July 30, 2019 - 10:02 AM

With the most important retail season just around the corner, merchants are hoping shoppers will think local first.

A story in Sunday’s Kansas City Star gave reason to worry that may not be the case.

Local sales tax receipts in the shoppers’ paradise of Overland Park, home to Oak Park Mall, are down 6% over the past year.

In Merriam, where car dealerships of every make and model abut either side of I-35, auto sales are down by 5%.

As a state, Kansas’s sales tax collections are down only a quarter of a percent, but, according to the report, that bucks a nationwide trend of 3% gains.

In the Kansas City region, those drops in retail sales are enough to spur city managers to rethink their budgets.

Compounding their pain is what the cities owe for receiving STAR bonds, the state tax incentive program to lure new developers and to be paid through the anticipated sales tax revenues of the new shopping malls, racetracks and other attractions.

Seven years down the road, and Overland Park has done little to pay down a $65 million STAR loan for its Prairie Fire shopping center and has been forced to use its sales tax revenues from other sources to help pay down its service debt.

Critics say the STAR bonds are doled out too gratuitously and with little justification they will draw newcomers to the area.

 

LOCALLY, Allen County has witnessed a jump in sales tax collections, most likely from the influx of workers hired to build the Prairie Queen wind farm.

County collections from January to July are up almost 19% over last year — $1.3 million to almost $1.6 million.

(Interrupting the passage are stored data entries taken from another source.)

-- ===== src/Bytes/Bits.antt =====
-- Facts about all numbers below a small bound, established by trying each of them.
use Prim.Native.Nat.{bit_and}
use vicare_scheme.Base.{
  ℕ, zero, suc, ◌%◌, ◌<◌, ◌≡◌, refl, Bool, true, false, arith, ◌==◌, if◌then◌else◌,
}

module _ (test : ℕ → Bool) where
  unfoldable pub holds_below : ℕ → Bool
  holds_below zero = true
  holds_below (suc n) = if test n then holds_below n else false

  holds_below-elim : (n : ℕ) → holds_below n ≡ true → (i : ℕ) → i < n → test i ≡ true
  unfolding holds_below
  holds_below-elim zero e i h = absurd (omega arith)
  holds_below-elim (suc n) e i h = ground (arith, holds_below-elim n (ground arith) i)

pub by_trial :
    (test : ℕ → Bool) (n : ℕ) → holds_below test n ≡ true → (i : ℕ) → i < n → test i ≡ true
by_trial test n e i h = holds_below-elim test n e i h

pub agree_below :
    (f g : ℕ → ℕ) (n : ℕ) → holds_below (λ i. f i == g i) n ≡ true → (i : ℕ) → i < n → f i ≡ g i
agree_below f g n e i h = ground (arith, by_trial (λ i. f i == g i) n e i h)

pub bit_and-15 : (b : ℕ) → b < 256 → bit_and b 15 ≡ b % 16
unfolding holds_below
bit_and-15 = agree_below (λ b. bit_and b 15) (λ b. b % 16) 256 refl

pub bit_and-63 : (v : ℕ) → v < 16384 → bit_and 63 v ≡ v % 64
unfolding holds_below
bit_and-63 = agree_below (λ v. bit_and 63 v) (λ v. v % 64) 16384 refl

pub bit_and-255 : (v : ℕ) → v < 16384 → bit_and 255 v ≡ v % 256
unfolding holds_below
bit_and-255 = agree_below (λ v. bit_and 255 v) (λ v. v % 256) 16384 refl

For Iola, sales tax receipts are up by 6.2% for the year, from about $742,000 to $788,000. And Moran, home of the wind farm, saw a whopping 87% increase in sales tax receipts.

Overall, our neck of the woods remains steady, retail-wise. Humboldt’s sales tax receipts for 2018 were down only a shade more than 1% and Chanute’s are up by 0.4%.

Sales in Fort Scott, on the other hand, are down 5.6%, perhaps because of the news its hospital was closing, proving the ripple effect of bad news.

We know any uptick in sales can never be taken for granted, and turning it into long-term growth is a formidable challenge. As never before, the message we need to be sending is for shoppers to be intentional about where they spend their dollars. It matters.